Let’s implement that first. A simple function called archive_preset() that takes three arguments, the preset name, the source path and the destination path.

1
2
3
4
5
6
7
8
9
10
11
12
13
14
15
16
17
18
19
20
21
22
def archive_preset( preset, source, destination ):
    today = date.today().strftime( '%Y-%m-%d' )
    destination_path = destination + '/' + preset + '/'

    # Avoid error messages during the first run
    if not path.isdir( destination_path ):
        mkdir( destination_path )
        mkdir( destination_path + '/' + today )
        symlink( destination_path + '/' + today, destination_path + '/latest' )

    # Compose the rsync call
    sync_command = '/usr/bin/rsync'
    sync_command += ' --verbose --archive --exclude=lost+found'
    sync_command += ' --link-dest=' + destination_path + '/latest '
    sync_command += source + '/ '
    sync_command += destination_path + '/' + today

    call( sync_command, shell=True )

    # Update link to latest backup
    unlink( destination_path + '/latest' )
    symlink( destination_path + '/' + today, destination_path + '/latest' )

This function can be called upon successfully parsing an input configuration file using ConfigParser. Multiple such presets may be passed to the program, so a function called process_preset_files() could accept one or more presets and issue calls to archive_preset() for each valid one.

1
2
3
4
5
6
7
8
9
10
11
12
13
14
15
16
17
18
19
20
21
22
def process_preset_files( preset_files ):
    for preset_file in preset_files:
        if not path.isfile( preset_file ):
            print( preset_file, 'is not a valid input.' )
        else:
            config = ConfigParser()
            config.read( preset_file )

            for section in config.sections():
                preset = section
                source = path.realpath( config[ section ][ 'source' ] )
                destination = path.realpath( config[ section ][ 'destination' ] )

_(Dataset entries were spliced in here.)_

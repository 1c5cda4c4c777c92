-- ===== src/Verify/Single/Binding.antt =====
-- What a verification result of src/verify/single.rs says of the two files that it was made from.
use atl_cli.Prelude.{
  ℕ, ◌≤◌, String, eq_iff, true, Option, ◌≡◌, ◌↔◌, refl, arith, ltb, if◌then◌else◌, ok, err, map_err,
  Ensures, Ensures-bind, Ensures-ok, Ensures-map_err, map_err-ok,
}
use atl_cli.Core.{AtlCore, Receipt}
use atl_cli.Error.{CliError}
use atl_cli.Files.{Files}
use atl_cli.Verify.Verdict.{Status}
use atl_cli.Verify.Anchor.Prose.{Rendering, offline_results}
use atl_cli.Verify.File.{Sha256, max_receipt_size, reading, hash_file, format_hash, compare_hash}
use atl_cli.Verify.File.Laws.{IsStreaming, digest, hash_file-digest, reading-ok}
use atl_cli.Verify.Policy.{AnchorPolicy}
use atl_cli.Verify.Single.{SingleVerificationResult, verdict, receipt_refutation}
use atl_cli.Verify.Single.Load.{load_receipt, verify_single}
use atl_cli.Verify.Single.Verdicts.{verdict-valid_iff}

module _ (core : AtlCore) (fs : Files) where
  -- A receipt read from a path: the file is not over the limit, and its text is the receipt's.
  pub record IsLoaded (path : String) (receipt : Receipt) : Type 0 where
    pub size : ℕ
    pub measured : fs.metadata_len path ≡ ok size
    pub within : size ≤ max_receipt_size
    pub text : String
    pub text_read : fs.read_to_string path ≡ ok text
    pub parsed : core.from_json text ≡ ok receipt

  load_receipt-Ensures : (path : String) → Ensures (IsLoaded path) (load_receipt core fs path)
  unfolding load_receipt
  load_receipt-Ensures path =
      let loaded = IsLoaded path in
      Ensures-bind loaded (reading path (fs.try_exists path)) _ λ found _.
        Ensures-bind loaded (if found then ok tt else err (CliError.receipt_not_found path)) _
          λ _ _. Ensures-bind loaded (reading path (fs.metadata_len path)) _ λ size measured.
            Ensures-bind loaded
              (if ltb max_receipt_size size
                then err (CliError.file_too_large path size max_receipt_size)
                else ok tt)
              _
              λ _ small.
                Ensures-bind loaded (reading path (fs.read_to_string path)) _ λ text text_read.
                  Ensures-map_err loaded _ (core.from_json text) λ receipt parsed. record {
                    size = size;
                    measured = reading-ok path _ measured;
                    within = ground arith;
                    text = text;
                    text_read = reading-ok path _ text_read;
                    parsed = parsed;
                  }

  -- Loading a receipt succeeds only on a file of at most 10 MB, whose text atl-core parses to it.
  pub load_receipt-IsLoaded :
      (path : String) (receipt : Receipt)
      → load_receipt core fs path ≡ ok receipt
      → IsLoaded path receipt
  load_receipt-IsLoaded path receipt h = Ensures-ok (IsLoaded path) (load_receipt-Ensures path) h

module _ (core : AtlCore) (fs : Files) (sha : Sha256) (render : Rendering)
    (source_path receipt_path : String) (trust_store : Option core.TrustStore)
    (policy : AnchorPolicy) where
  -- What a result says of the files: the receipt was loaded from its file, the hash is that of all the
  -- bytes of the source, the comparison is that of the hash with the receipt's, and the anchors are
  -- the projection of the facts that atl-core established.
  pub record IsBound (r : SingleVerificationResult) : Type 0 where
    pub loaded : IsLoaded core fs receipt_path r.receipt
    pub reader : fs.Reader
    pub opened : fs.open_file source_path ≡ ok reader
    pub hashed : r.file_hash ≡ digest sha (fs.contents reader)
    pub compared :
        (r.file_hash_valid ≡ true)
        ↔ (format_hash sha (digest sha (fs.contents reader)) ≡ r.receipt.payload_hash)
    pub checked : core.verify_receipt r.receipt ≡ ok r.core_result
    pub established : r.anchor_facts ≡ core.establish_anchor_facts r.receipt trust_store
    pub projected : r.anchor_results ≡ offline_results render r.receipt r.anchor_facts
    pub asked : r.policy ≡ policy

  module _ (streams : IsStreaming sha) where
    verify_single-Ensures :
        Ensures IsBound
          (verify_single core fs sha render source_path receipt_path trust_store policy)
    unfolding verify_single compare_hash
    verify_single-Ensures =
        Ensures-bind IsBound (load_receipt core fs receipt_path) _ λ receipt loaded.
          Ensures-bind IsBound (hash_file fs sha source_path) _ λ hash hashed.
            Ensures-bind IsBound
              (map_err CliError.verification_failed (core.verify_receipt receipt)) _
              λ result checked.
                let (reader, opened, whole) =
                  hash_file-digest fs sha streams source_path hash hashed in
                record {
                  loaded = load_receipt-IsLoaded core fs receipt_path receipt loaded;
                  reader = reader;
                  opened = opened;
                  hashed = whole;
                  compared = rw (whole) (
                      eq_iff (format_hash sha (digest sha (fs.contents reader)))
                        receipt.payload_hash);
                  checked = map_err-ok _ _ checked;
                  established = refl;
                  projected = refl;
                  asked = refl;
                }

    -- With a hash function that may be fed in pieces, a result is about the two files that were named: the receipt is that of the
    -- receipt file, and the hash that it was compared with is that of all the bytes of the source file.
    pub verify_single-IsBound :
        (r : SingleVerificationResult)
        → verify_single core fs sha render source_path receipt_path trust_store policy ≡ ok r
        → IsBound r
    verify_single-IsBound r h = Ensures-ok IsBound verify_single-Ensures h

    -- A receipt that is found valid names the hash of all the bytes of the source file.
    pub valid_receipt_names_file :
        (r : SingleVerificationResult)
        → verify_single core fs sha render source_path receipt_path trust_store policy ≡ ok r
        → (verdict r).status ≡ Status.valid
        → (reader : fs.Reader) × (fs.open_file source_path ≡ ok reader)
          × (format_hash sha (digest sha (fs.contents reader)) ≡ r.receipt.payload_hash)
    unfolding receipt_refutation
    valid_receipt_names_file r h valid =
        let bound = verify_single-IsBound r h in
        let unrefuted = ((verdict-valid_iff r).0 valid).0 in
        let same : r.file_hash_valid ≡ true = ground arith in
        (bound.reader, bound.opened, bound.compared.0 same)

                if not path.isdir( source ):
                    print( source, 'is not a valid source.' )
                    exit( 1 )

                if not path.isdir( destination ):
                    print( destination, 'is not a valid destination.' )
                    exit( 1 )

                archive_preset( preset, source, destination )

Now, all that remains is to write a front-facing bit to handle inputs and interact with the user.

1
2
3
4
5
6
7
8
9
10
11
12
13
14
15
if __name__ == '__main__':
    parser = ArgumentParser( formatter_class=RawDescriptionHelpFormatter, description = '''
    Create and maintain incremental backups.
    Backups are described by presets like this,

        [home]
        source = /home/user/
        destination = /mnt/backup/

    A single preset file can contain many such presets.
    Multiple preset files can be supplied as arguments.''' )
    parser.add_argument( 'PRESETS', nargs='+', help='One or more INI files containing presets.' )
    args = parser.parse_args()

    process_preset_files( args.PRESETS )

This script is being maintained in this repository.

Feel free to clone it, modify it, use it and pass it on. I prefer to manually run it once a week or so. You might consider hooking it up to a cron job. Note that if you plan to make backups more often than a day, you would want to add the hour, minute, maybe even second to the snapshot names. Also, over time, your external backup device will get filled up and you will need to delete old snapshots to free up space. Since the backup device is a maze of hard links, it won’t be easy to figure out just how many older snapshots you need to delete to free up enough space for the next backup. Just delete them one by one till enough space is freed up. Conceivably, the script could be updated to automatically delete older snapshots to make space for the current one.